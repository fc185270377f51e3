-- ===== src/Rtp/JitterBuffer/Drain.antt =====
-- A run of packets that are all there leaves the buffer whole, and a gap holds everything back.
use cpp_meet.Common.{
  ℕ, zero, suc, ◌+◌, ◌%◌, ◌^◌, ◌≤◌, ◌<◌, ◌≡◌, refl, ap, none, some, List, [], ◌∷◌, arith, ==_iff,
  length, cons_some,
}
use cpp_meet.Common.Keys.{nat_eq, lookup, erase, lookup-erase}
use cpp_meet.Rtp.Packet.{RtpPacket}
use cpp_meet.Rtp.JitterBuffer.{RtpJitterBuffer, pop_found, pop_next}
use cpp_meet.Rtp.JitterBuffer.Order.{pop_next-eq-found}

-- `pop_next` called `n` times: the packets it returns.
pub drain : ℕ → RtpJitterBuffer → List RtpPacket
drain zero b = []
drain (suc n) b = cons_some (pop_next b).0 (drain n (pop_next b).1)

-- The packets `ps` stand in the map under `k`, `k + 1` and so on, round the end at 2 ^ 16.
abbrev pub HoldsRun : List (ℕ × RtpPacket) → ℕ → List RtpPacket → Type 0
HoldsRun m k [] = Unit
HoldsRun m k (p ∷ ps) = (lookup k m ≡ some p) × HoldsRun m ((k + 1) % 2 ^ 16) ps

-- Taking out a number that a run does not reach leaves the run there.
HoldsRun-erase :
    (m : List (ℕ × RtpPacket)) (k j d : ℕ) (ps : List RtpPacket)
    → k < 2 ^ 16
    → j ≡ (k + d) % 2 ^ 16
    → 0 < d
    → d + length ps ≤ 2 ^ 16
    → HoldsRun m j ps
    → HoldsRun (erase k m) j ps
HoldsRun-erase m k j d [] hk hj hd hl h = tt
HoldsRun-erase m k j d (p ∷ ps) hk hj hd hl h = (
  ground (arith, lookup-erase k j m, ==_iff k j),
  HoldsRun-erase m k ((j + 1) % 2 ^ 16) (d + 1) ps hk (omega arith) (omega arith) (omega arith) h.1,
)

-- If the packets of a run from `next_seq_` on are all in the buffer, at most 2 ^ 16 of them, then
-- as many pops return exactly these packets in order.
pub drain_run :
    (ps : List RtpPacket) (b : RtpJitterBuffer)
    → b.next_seq < 2 ^ 16
    → length ps ≤ 2 ^ 16
    → HoldsRun b.buf b.next_seq ps
    → drain (length ps) b ≡ ps
unfolding drain pop_found
drain_run [] b hn hl h = refl
drain_run (p ∷ ps) b hn hl h =
    rw (pop_next-eq-found b, h.0)
      (ap (λ (t : List RtpPacket). p ∷ t)
        (drain_run ps (pop_found b (some p)).1 (omega arith) (omega arith)
          (HoldsRun-erase b.buf b.next_seq _ 1 ps hn refl (omega arith) (omega arith) h.1)))

-- While the packet of `next_seq_` is missing, no number of pops returns anything.
pub drain_gap : (n : ℕ) (b : RtpJitterBuffer) → lookup b.next_seq b.buf ≡ none → drain n b ≡ []
unfolding drain pop_found
drain_gap zero b h = refl
drain_gap (suc n) b h = rw (pop_next-eq-found b, h) (drain_gap n b h)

*Exercise description*. Reproduce the lines of the entries above from the one with "(ps : List RtpPacket) (b" to the one with "(drain_run ps (pop_found", both included, exactly and without any other line.

*Output of the exercise*.
    (ps : List RtpPacket) (b : RtpJitterBuffer)
    → b.next_seq < 2 ^ 16
    → length ps ≤ 2 ^ 16
    → HoldsRun b.buf b.next_seq ps
    → drain (length ps) b ≡ ps
unfolding drain pop_found
drain_run [] b hn hl h = refl
drain_run (p ∷ ps) b hn hl h =
    rw (pop_next-eq-found b, h.0)
      (ap (λ (t : List RtpPacket). p ∷ t)
        (drain_run ps (pop_found b (some p)).1 (omega arith) (omega arith)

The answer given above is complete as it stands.